Sira fügt hinzu: "Heute ist es wirklich schönes Wetter, das verpflichtet zur Musse". "Nun ja",
erwidert Manuel, "es haben nicht alle Jungs protzende Muskeln. Es gibt auch einige, die
Fitnesstanktops tragen und dabei so dünn wie eine Nudel sind". "Gerade solche probieren
durch den Muskelzuwachs ein besseres Selbstwertgefühl zu bekommen", sagt Sari mit
einem kritischen Blick. "Da Manuel genug selbstbewusst ist, kann er uns auf die
Dachterrasse begleiten", wirft Jakob augenzwinkernd ein. "Ja gut, ihr habt mich überredet".
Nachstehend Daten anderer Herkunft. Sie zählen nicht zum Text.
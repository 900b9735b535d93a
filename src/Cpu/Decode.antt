-- ===== src/Cpu/Decode.antt =====
-- The fields of an instruction word (simulator/inst.h) and the sign extensions at the head of
-- the loop in simulator/cpu.c.
use cvm.Base.{
  ℕ, ◌+◌, ◌-◌, ◌/◌, ◌%◌, ◌^◌, ◌<◌, ◌≡◌, bit_and, bit_or, arith, ltb, ◌==◌, if◌then◌else◌,
}
use cvm.Base.Bits.{bit_and_mask, bit_and_bit, bit_or_fields_right}
use cvm.Base.Word.{shr32}

-- `op ra rb rc c12 c16 c24`; the three constants are sign-extended to 32-bit patterns.
pub record Fields : Type 0 where
  pub op : ℕ
  pub ra : ℕ
  pub rb : ℕ
  pub rc : ℕ
  pub c12 : ℕ
  pub c16 : ℕ
  pub c24 : ℕ

-- `(x & (1 << s)) ? x | ext : x`
extend : ℕ → ℕ → ℕ → ℕ
extend s ext x = if bit_and x (2 ^ s) == 0 then x else bit_or x ext

unfoldable pub decode : ℕ → Fields
unfolding extend
decode inst = record {
  op = shr32 inst 24;
  ra = bit_and (shr32 inst 20) 0xF;
  rb = bit_and (shr32 inst 16) 0xF;
  rc = bit_and (shr32 inst 12) 0xF;
  c12 = extend 11 0xFFFFF000 (bit_and inst 0xFFF);
  c16 = extend 15 0xFFFF0000 (bit_and inst 0xFFFF);
  c24 = extend 23 0xFF000000 (bit_and inst 0xFFFFFF);
}

-- Sign extension of a `k`-bit number, as arithmetic.
abbrev pub sext : ℕ → ℕ → ℕ
sext k x = if ltb x (2 ^ (k - 1)) then x else x + (2 ^ 32 - 2 ^ k)

extend-sext_12 : (x : ℕ) → x < 2 ^ 12 → extend 11 0xFFFFF000 x ≡ sext 12 x
unfolding extend
extend-sext_12 x h = ground (arith, bit_and_bit 11 x, bit_or_fields_right 12 0xFFFFF x)

extend-sext_16 : (x : ℕ) → x < 2 ^ 16 → extend 15 0xFFFF0000 x ≡ sext 16 x
unfolding extend
extend-sext_16 x h = ground (arith, bit_and_bit 15 x, bit_or_fields_right 16 0xFFFF x)

extend-sext_24 : (x : ℕ) → x < 2 ^ 24 → extend 23 0xFF000000 x ≡ sext 24 x
unfolding extend
extend-sext_24 x h = ground (arith, bit_and_bit 23 x, bit_or_fields_right 24 0xFF x)

-- The fields of every instruction word as arithmetic: quotients and remainders by powers of two,
-- and for the three constants the sign extension of 12, 16 or 24 bits.
pub decode_lem :
    (w : ℕ)
    → decode w ≡ record {
      op = w / 2 ^ 24;
      ra = w / 2 ^ 20 % 2 ^ 4;
      rb = w / 2 ^ 16 % 2 ^ 4;
      rc = w / 2 ^ 12 % 2 ^ 4;
      c12 = sext 12 (w % 2 ^ 12);
      c16 = sext 16 (w % 2 ^ 16);
      c24 = sext 24 (w % 2 ^ 24);
    }
unfolding decode
decode_lem w = ground (
  arith,
  bit_and_mask 4 (w / 2 ^ 20),
  bit_and_mask 4 (w / 2 ^ 16),
  bit_and_mask 4 (w / 2 ^ 12),
  bit_and_mask 12 w,
  bit_and_mask 16 w,
  bit_and_mask 24 w,
  extend-sext_12 (w % 2 ^ 12),
  extend-sext_16 (w % 2 ^ 16),
  extend-sext_24 (w % 2 ^ 24),
)
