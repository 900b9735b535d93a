-- ===== src/Cpu/Flags.antt =====
-- The status word's flags: the `REG_SW_` macros of simulator/cpu.h.
use cvm.Base.{ℕ, ◌-◌, ◌/◌, ◌%◌, ◌^◌, ◌<◌, ◌≡◌, Bool, not, bit_and, bit_or, ◌==◌, arith}
use native.Mathlib.Nat.{one-le-pow}
use cvm.Base.Bits.{bit_and_bit, bit_and_digit, bit_or_digit, bit_and-lt, bit_or-lt}
use cvm.Cpu.{Cpu, sw, set_reg, IsCpu, set_reg-IsCpu}

-- `REG_SW_SHIFT_N`, `_Z` and `_V`
abbrev pub shift_n : ℕ
shift_n = 0

abbrev pub shift_z : ℕ
shift_z = 1

abbrev pub shift_v : ℕ
shift_v = 3

-- `*(cc->sw) & (1 << s)`, read as a truth value
unfoldable pub get_flag : ℕ → Cpu → Bool
get_flag s c = not (bit_and (c.regs sw) (2 ^ s) == 0)

-- `*(cc->sw) |= (1 << s)`
unfoldable pub set_flag : ℕ → Cpu → Cpu
set_flag s c = set_reg c sw (bit_or (c.regs sw) (2 ^ s))

-- `*(cc->sw) &= ~(1 << s)`
unfoldable pub clear_flag : ℕ → Cpu → Cpu
clear_flag s c = set_reg c sw (bit_and (c.regs sw) (2 ^ 32 - 1 - 2 ^ s))

-- A flag is digit `s` of the status word.
pub get_flag_lem : (s : ℕ) (c : Cpu) → get_flag s c ≡ not (c.regs sw / 2 ^ s % 2 == 0)
unfolding get_flag
get_flag_lem s c = ground (arith, bit_and_bit s (c.regs sw), one-le-pow s 2)

pub set_n_digits :
    (c : Cpu)
    → ((set_flag shift_n c).regs sw / 2 ^ 0 % 2 ≡ 1)
      × ((set_flag shift_n c).regs sw / 2 ^ 1 % 2 ≡ c.regs sw / 2 ^ 1 % 2)
unfolding set_flag
set_n_digits c =
    omega (arith, bit_or_digit 0 (c.regs sw) (2 ^ 0), bit_or_digit 1 (c.regs sw) (2 ^ 0))

pub set_z_digits :
    (c : Cpu)
    → ((set_flag shift_z c).regs sw / 2 ^ 0 % 2 ≡ c.regs sw / 2 ^ 0 % 2)
      × ((set_flag shift_z c).regs sw / 2 ^ 1 % 2 ≡ 1)
unfolding set_flag
set_z_digits c =
    omega (arith, bit_or_digit 0 (c.regs sw) (2 ^ 1), bit_or_digit 1 (c.regs sw) (2 ^ 1))

pub clear_n_digits :
    (c : Cpu)
    → ((clear_flag shift_n c).regs sw / 2 ^ 0 % 2 ≡ 0)
      × ((clear_flag shift_n c).regs sw / 2 ^ 1 % 2 ≡ c.regs sw / 2 ^ 1 % 2)
unfolding clear_flag
clear_n_digits c = omega (
  arith,
  bit_and_digit 0 (c.regs sw) (2 ^ 32 - 1 - 2 ^ 0),
  bit_and_digit 1 (c.regs sw) (2 ^ 32 - 1 - 2 ^ 0),
)

pub clear_z_digits :
    (c : Cpu)
    → ((clear_flag shift_z c).regs sw / 2 ^ 0 % 2 ≡ c.regs sw / 2 ^ 0 % 2)
      × ((clear_flag shift_z c).regs sw / 2 ^ 1 % 2 ≡ 0)
unfolding clear_flag
clear_z_digits c = omega (
  arith,
  bit_and_digit 0 (c.regs sw) (2 ^ 32 - 1 - 2 ^ 1),
  bit_and_digit 1 (c.regs sw) (2 ^ 32 - 1 - 2 ^ 1),
)

pub set_flag-IsCpu : (s : ℕ) (c : Cpu) → 2 ^ s < 2 ^ 32 → IsCpu c → IsCpu (set_flag s c)
unfolding set_flag
set_flag-IsCpu s c fits h = set_reg-IsCpu c sw _ h (bit_or-lt 32 _ _ (h.regs_fit sw) fits)

pub clear_flag-IsCpu : (s : ℕ) (c : Cpu) → IsCpu c → IsCpu (clear_flag s c)
unfolding clear_flag
clear_flag-IsCpu s c h =
    set_reg-IsCpu c sw _ h (bit_and-lt 32 _ (2 ^ 32 - 1 - 2 ^ s) (h.regs_fit sw) (omega arith))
Zusammen gehen sie schwatzend zur Schule zurück und direkt in den obersten Stock. Dort
durchqueren sie die Bibliothek, die trotz schönsten Wetters rege von lernenden SchülerInnen
besucht ist. Da muss eine wichtige Prüfung anstehen, denken sich die fünf und sind froh,
selber heute den Mittag auf der Dachterrasse ausklingen lassen zu können. Das schlechte
Wetter und die nächste Prüfung kommen bestimmt.